Slide09.jpgKeheranan saya terhadap realitas magis adalah ketika saya meneliti mengenai ritual Sang Hyang Dedari[6]. Tradisi perwujudan yang sakral ke dalam tubuh medium, sebagai permohonan kepada kosmos agar terhindar dari bencana. Dengan kehati-hatian saya berupaya membedah fenomena itu, bahwa ada aspek sakral dan profan dari tubuh manusia. Pada satu sisi tubuh adalah wahana untuk mencapai, merasakan yang sakral tetapi pada sisi yang lainnya, tubuh adalah yang terbatas, tidak sempurna, penuh dengan cela. Saya terjebak dalam dualisme itu, terombang-ambing di antara dua realitas. Saat mempresentasikan riset ini dalam suatu mimbar internasional, salah seorang peserta bertanya, “Ibu sebagai orang Bali, tapi di sisi lainnya juga seorang akademisi/peneliti, bagaimana menjaga objektivitas ? Apakah Ibu juga mempercayai kekuatan terapetik para bidadari yang turun ke bumi itu ?”

Saya menjawab pertanyaan itu dengan mantap, tapi sayangnya, saya merasa jawaban saya datang dari hegemoni Technic. Menggunakan bahasa ilmiah, saya seolah-olah, memisahkan antara dua realitas itu, dan realitas atau struktur matematis/formal/logis melalaikan saya melihat realitas yang magis itu. Membaca Campagna, membantu saya untuk menebus pandangan-pandangan yang pernah saya ciptakan menggunakan kosmogoni Technic.

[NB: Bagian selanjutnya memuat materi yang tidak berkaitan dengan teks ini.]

-- ===== src/Kernel/Tests.antt =====
-- A small registry and the kernel's theorems on it.
use meshbus_rs.Kernel.Registry.{VerifyError}
use meshbus_rs.Prelude.{◌≢◌, err}
use meshbus_rs.Kernel.Registry.Walks.{Walk, verify_acyclic}
use meshbus_rs.Kernel.Registry.Depth.{check_jump_dag-ne-stuck}
use meshbus_rs.Prelude.{text, true, false, [], ◌∷◌, none, some, ok}
use meshbus_rs.Prelude.{◌≡◌, refl, In, head, later, lookup, contains_key, keys, text_eq_inst}
use meshbus_rs.Kernel.Types
use meshbus_rs.Kernel.Registry.{
  verify, check_registry_identities, check_id_shapes, check_source_id, is_valid_id_shape,
  check_sink_id, check_pipeline_id, check_hook_id, check_spec_kinds, check_wirings_exist,
  check_wirings, check_hooks_exist, check_accept_declarations, check_sink_targets,
  check_jump_declarations, can_terminate, check_hook_fns, check_jump_targets,
  check_pipeline_terminates, jump_targets, check_jump_dag, dfs_cycle, jump_graph, pipeline_targets,
  search_all, visit, check_available, check_hook_namespaces, check_metadata_keys,
  check_namespace_patterns, check_namespace_rules, head_of, initially_available,
  is_valid_metadata_key, is_valid_namespace_pattern, ns_covers,
}
use meshbus_rs.Prelude.{
  each, text_eq, is_ascii_alphanumeric, split, split_once, strip_prefix, strip_suffix,
}
use meshbus_rs.Kernel.Compiled.{from_registry, run_pipeline, CompiledKernel}
use meshbus_rs.Kernel.Compiled.Agrees.{run_pipeline-from_registry}
use meshbus_rs.Kernel.Compiled.Panics.{from_registry_total, from_registry_panics}
use meshbus_rs.Kernel.Pipeline.Verified.{run_IsExpected, IsExpected}
use meshbus_rs.Kernel.Pipeline
use meshbus_rs.Kernel.Pipeline.{
  run_pipeline_with_registry, run_loop, run_leave, run_hooks, run_verdict, resolve_hook,
  check_declared,
}

abbrev accept_fn : Types.HookFn
accept_fn ev ctx = (Types.Verdict.accept (text "exit"), ev, ctx)

abbrev jump_fn : Types.HookFn
jump_fn ev ctx = (Types.Verdict.jump (text "main"), ev, ctx)

abbrev jump_spec : Types.HookSpec
jump_spec = record {
  id = text "to_main";
  kind = Types.HookKind.policy_hook;
  allowed_namespaces = [];
  reads = [];
  writes = [];
  may_terminate = false;
  may_jump = true;
  may_jump_to = text "main" ∷ [];
  may_accept_to = [];
  side_effect_only = false;
}

abbrev accept_spec : Types.HookSpec
accept_spec = record {
  id = text "take";
  kind = Types.HookKind.policy_hook;
  allowed_namespaces = [];
  reads = [];
  writes = [];
  may_terminate = true;
  may_jump = false;
  may_jump_to = [];
  may_accept_to = text "exit" ∷ [];
  side_effect_only = false;
}

abbrev small : Types.KernelRegistry
small = record {
  sources =
      (
        text "socks",
        record { id = text "socks"; kind = text "application/source"; initial_writes = [] },
      )
      ∷ [];
  sinks = (text "exit", record { id = text "exit"; kind = text "stream_egress" }) ∷ [];
  hooks = (text "take", accept_spec) ∷ (text "to_main", jump_spec) ∷ [];
  pipelines =
      (text "first", record { id = text "first"; hooks = text "to_main" ∷ [] })
      ∷ (text "main", record { id = text "main"; hooks = text "take" ∷ [] })
      ∷ [];
  wirings = record { source = text "socks"; pipeline = text "first" } ∷ [];
  fns = (text "take", accept_fn) ∷ (text "to_main", jump_fn) ∷ [];
}

small_verified : verify small ≡ ok tt
unfolding verify check_registry_identities check_id_shapes check_source_id is_valid_id_shape
    check_sink_id check_pipeline_id check_hook_id check_spec_kinds check_wirings_exist check_wirings
    check_hooks_exist check_accept_declarations check_sink_targets check_jump_declarations
    can_terminate check_hook_fns check_jump_targets check_pipeline_terminates jump_targets
    check_jump_dag dfs_cycle jump_graph pipeline_targets search_all visit check_available
    check_hook_namespaces check_metadata_keys check_namespace_patterns check_namespace_rules head_of
    initially_available is_valid_metadata_key is_valid_namespace_pattern ns_covers each text_eq
    is_ascii_alphanumeric split split_once strip_prefix strip_suffix
small_verified = refl

abbrev blank : Types.Event
blank = record {
  payload = [];
  meta = record {
    net = record { src_ip = none; dst_host = none; dst_port = none; protocol = none };
    transport = record { deadline_ms = none; schedule_hint = none; schedule_fanout_k = none };
    policy = record { route_group = none };
    auth = record { user = none };
    trace = record { flow_id = none };
    ext = [];
  };
}

abbrev start : Types.KernelCtx
start = record { hook_trace = [] }

first_registered : contains_key (text "first") small.pipelines ≡ true
unfolding text_eq
first_registered = refl

run_IsExpected_example :
    IsExpected small (run_pipeline_with_registry small (text "first") blank start).0
run_IsExpected_example =
    run_IsExpected small (text "first") blank start small_verified first_registered

small_fns : (h : Types.HookId) → In h (keys small.hooks) → contains_key h small.fns ≡ true
unfolding text_eq
small_fns h (head e) = rw e refl
small_fns h (later (head e)) = rw e refl
small_fns h (later (later i)) = elim i [ ]

small_compiled : (ck : CompiledKernel) × (from_registry small ≡ some (ok ck))
small_compiled = from_registry_total small small_verified small_fns

from_registry_total_example : (ck : CompiledKernel) × (from_registry small ≡ some (ok ck))
from_registry_total_example = from_registry_total small small_verified small_fns

run_pipeline-from_registry_example :
    run_pipeline small_compiled.0 (text "first") blank start
    ≡ some (run_pipeline_with_registry small (text "first") blank start)
run_pipeline-from_registry_example =
    run_pipeline-from_registry small small_compiled.0 (text "first") blank start small_compiled.1

-- A hook that stands in no pipeline, and has no function.
abbrev spare_spec : Types.HookSpec
spare_spec = record accept_spec { id = text "spare" }

abbrev with_spare : Types.KernelRegistry
with_spare = record small { hooks = (text "spare", spare_spec) ∷ small.hooks }

with_spare_verified : verify with_spare ≡ ok tt
unfolding verify check_registry_identities check_id_shapes check_source_id is_valid_id_shape
    check_sink_id check_pipeline_id check_hook_id check_spec_kinds check_wirings_exist check_wirings
    check_hooks_exist check_accept_declarations check_sink_targets check_jump_declarations
    can_terminate check_hook_fns check_jump_targets check_pipeline_terminates jump_targets
    check_jump_dag dfs_cycle jump_graph pipeline_targets search_all visit check_available
    check_hook_namespaces check_metadata_keys check_namespace_patterns check_namespace_rules head_of
    initially_available is_valid_metadata_key is_valid_namespace_pattern ns_covers each text_eq
    is_ascii_alphanumeric split split_once strip_prefix strip_suffix
with_spare_verified = refl

spare_missing : lookup (text "spare") with_spare.fns ≡ none
unfolding text_eq
spare_missing = refl

from_registry_panics_example : from_registry with_spare ≡ none
from_registry_panics_example =
    from_registry_panics with_spare (text "spare") with_spare_verified (head refl) spare_missing

-- The run jumps from `first` to `main`, whose hook accepts.
small_accepts :
    (run_pipeline_with_registry small (text "first") blank start).0
    ≡ ok (Types.Verdict.accept (text "exit"))
unfolding run_pipeline_with_registry Pipeline.run_pipeline run_loop run_leave run_hooks run_verdict
    resolve_hook check_declared text_eq
small_accepts = refl

verify_acyclic_example : ¬ Walk small (text "main") (text "main")
verify_acyclic_example = verify_acyclic small (text "main") small_verified

check_jump_dag-ne-stuck_example : check_jump_dag small ≢ err VerifyError.stuck
unfolding check_jump_targets each jump_targets text_eq
check_jump_dag-ne-stuck_example = check_jump_dag-ne-stuck small refl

“The project of this book is grounded on the conviction that the current reality-system, which I defined as Technic, is leading to the destruction of reality as such—and that this disappearance bears dramatic consequences. For this reason, the next part of this book will be dedicated to exploring magic, the alternative reality-system which I wish to propose as possible path towards the reconstruction of reality.”[7]

Eksplorasi Campagna tentang Magi melibatkan penggabungan teori-teori yang unik, ia membicarakan renungan Ibn Arabi mengenai nama-nama Tuhan bagaimana imajinasi Ibn Arabi dalam membahasakan relasi yang beragam dengan Tuhan. Multiplisitas ini juga muncul dalam upaya membentuk pengetahuan, ia membicarakan tentang Avidya, yang diambil dari Vedanta Darsana, bahwa menurut pemikir Vedanta pengetahuan adalah cara untuk menghindari kesengsaraan. Kosmogoni Magic menurut Campagna perlu dipandang bukan saja sebagai alteritas dari Technic, tetapi Magic juga adalah terapi bagi rezim totalitas yang kita hidupi.

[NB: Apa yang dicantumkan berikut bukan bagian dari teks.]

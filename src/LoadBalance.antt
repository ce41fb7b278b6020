-- ===== src/LoadBalance.antt =====
-- lib/mb-loadbalance/src/lib.rs: the weighted round robin and the consistent hash. A pick is the
-- candidate, of which the code returns the id.
use meshbus_rs.Prelude.{
  ℕ, zero, suc, ◌+◌, ◌-◌, ◌*◌, ◌%◌, ltb, ◌==◌, Text, Bool, true, false, List, [], ◌∷◌,
}
use meshbus_rs.Prelude.{Option, none, some, length, get_elem?, is_empty, if◌then◌else◌}
pub mod Picks
mod Tests

pub record Candidate : Type 0 where
  pub id : Text
  pub weight : ℕ

pub record Wrr : Type 0 where
  pub cands : List Candidate
  pub cursor : ℕ
  pub counter : ℕ

unfoldable pub new_wrr : List Candidate → Wrr
new_wrr cands = record { cands = cands; cursor = 0; counter = 0 }

unfoldable pub next_candidate : Wrr → Wrr
next_candidate w = record w { cursor = (w.cursor + 1) % length w.cands; counter = 0 }

-- The `loop` of `pick`, by the rounds left; `stuck` when none is left, and `none` if the cursor is
-- out of range.
pub data Picked : Type 0 where
  picked : Candidate → Wrr → Picked
  stuck panicked : Picked

-- One round, on the candidate at the cursor; `rest` is the rounds that follow.
unfoldable pub wrr_round : Wrr → Option Candidate → Picked → Picked
wrr_round w none rest = panicked
wrr_round w (some c) rest =
    if ltb w.counter c.weight then picked c (record w { counter = w.counter + 1 }) else rest

unfoldable pub wrr_loop : ℕ → Wrr → Picked
unfolding wrr_round next_candidate
wrr_loop zero w = stuck
wrr_loop (suc fuel) w =
    let rest = wrr_loop fuel (next_candidate w) in wrr_round w (get_elem? w.cands w.cursor) rest

-- `None` for no candidates; else the loop, for which each candidate and the first one once more
-- are enough rounds, if any candidate has a weight.
unfoldable pub wrr_pick : Wrr → Option Picked
unfolding wrr_loop
wrr_pick w = if is_empty w.cands then none else some (wrr_loop (length w.cands + 1) w)

unfoldable pub total_weight : List Candidate → ℕ
total_weight [] = 0
total_weight (c ∷ cs) = c.weight + total_weight cs

-- `for c in &self.cands`
unfoldable pub pick_bucket : ℕ → List Candidate → Option Candidate
pick_bucket bucket [] = none
pick_bucket bucket (c ∷ cs) =
    let rest = pick_bucket (bucket - c.weight) cs in if ltb bucket c.weight then some c else rest

-- `hash` is the hasher on the key's bytes.
unfoldable pub hash_pick : (Text → ℕ) → List Candidate → Text → Option Candidate
unfolding total_weight pick_bucket
hash_pick hash cands key =
    if is_empty cands
    then none
    else if total_weight cands == 0
    then none
    else pick_bucket (hash key % total_weight cands) cands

Teori utama yang menurut saya ingin ditampilkan oleh Campagna adalah mengenai yang ineffable atau kesukaran untuk mengatakan maupun membahasakan. Technic harus selalu jelas, jernih tidak ganda mengenai bagaimana bahasa digunakan. Namun, renungan Campagna adalah, realitas adalah persoalan pergolakan juga penderitaan untuk mencoba memegang apakah yang ineffable itu. Itulah realitasnya, kegamangan berdiri dalam buana alit dengan buana jagat, buana hyang. Campagna meminjam teori dari Chandogya Upanishad soal keterbatasan bahasa dalam menjelaskan apakah yang dimaksud dengan atman ? Aku adalah diriku, aku tidak dapat melepaskan diriku sendiri, begitu dekat, tetapi untuk menguraikan siapa diriku? Kata-kata tidak mungkin memadai ?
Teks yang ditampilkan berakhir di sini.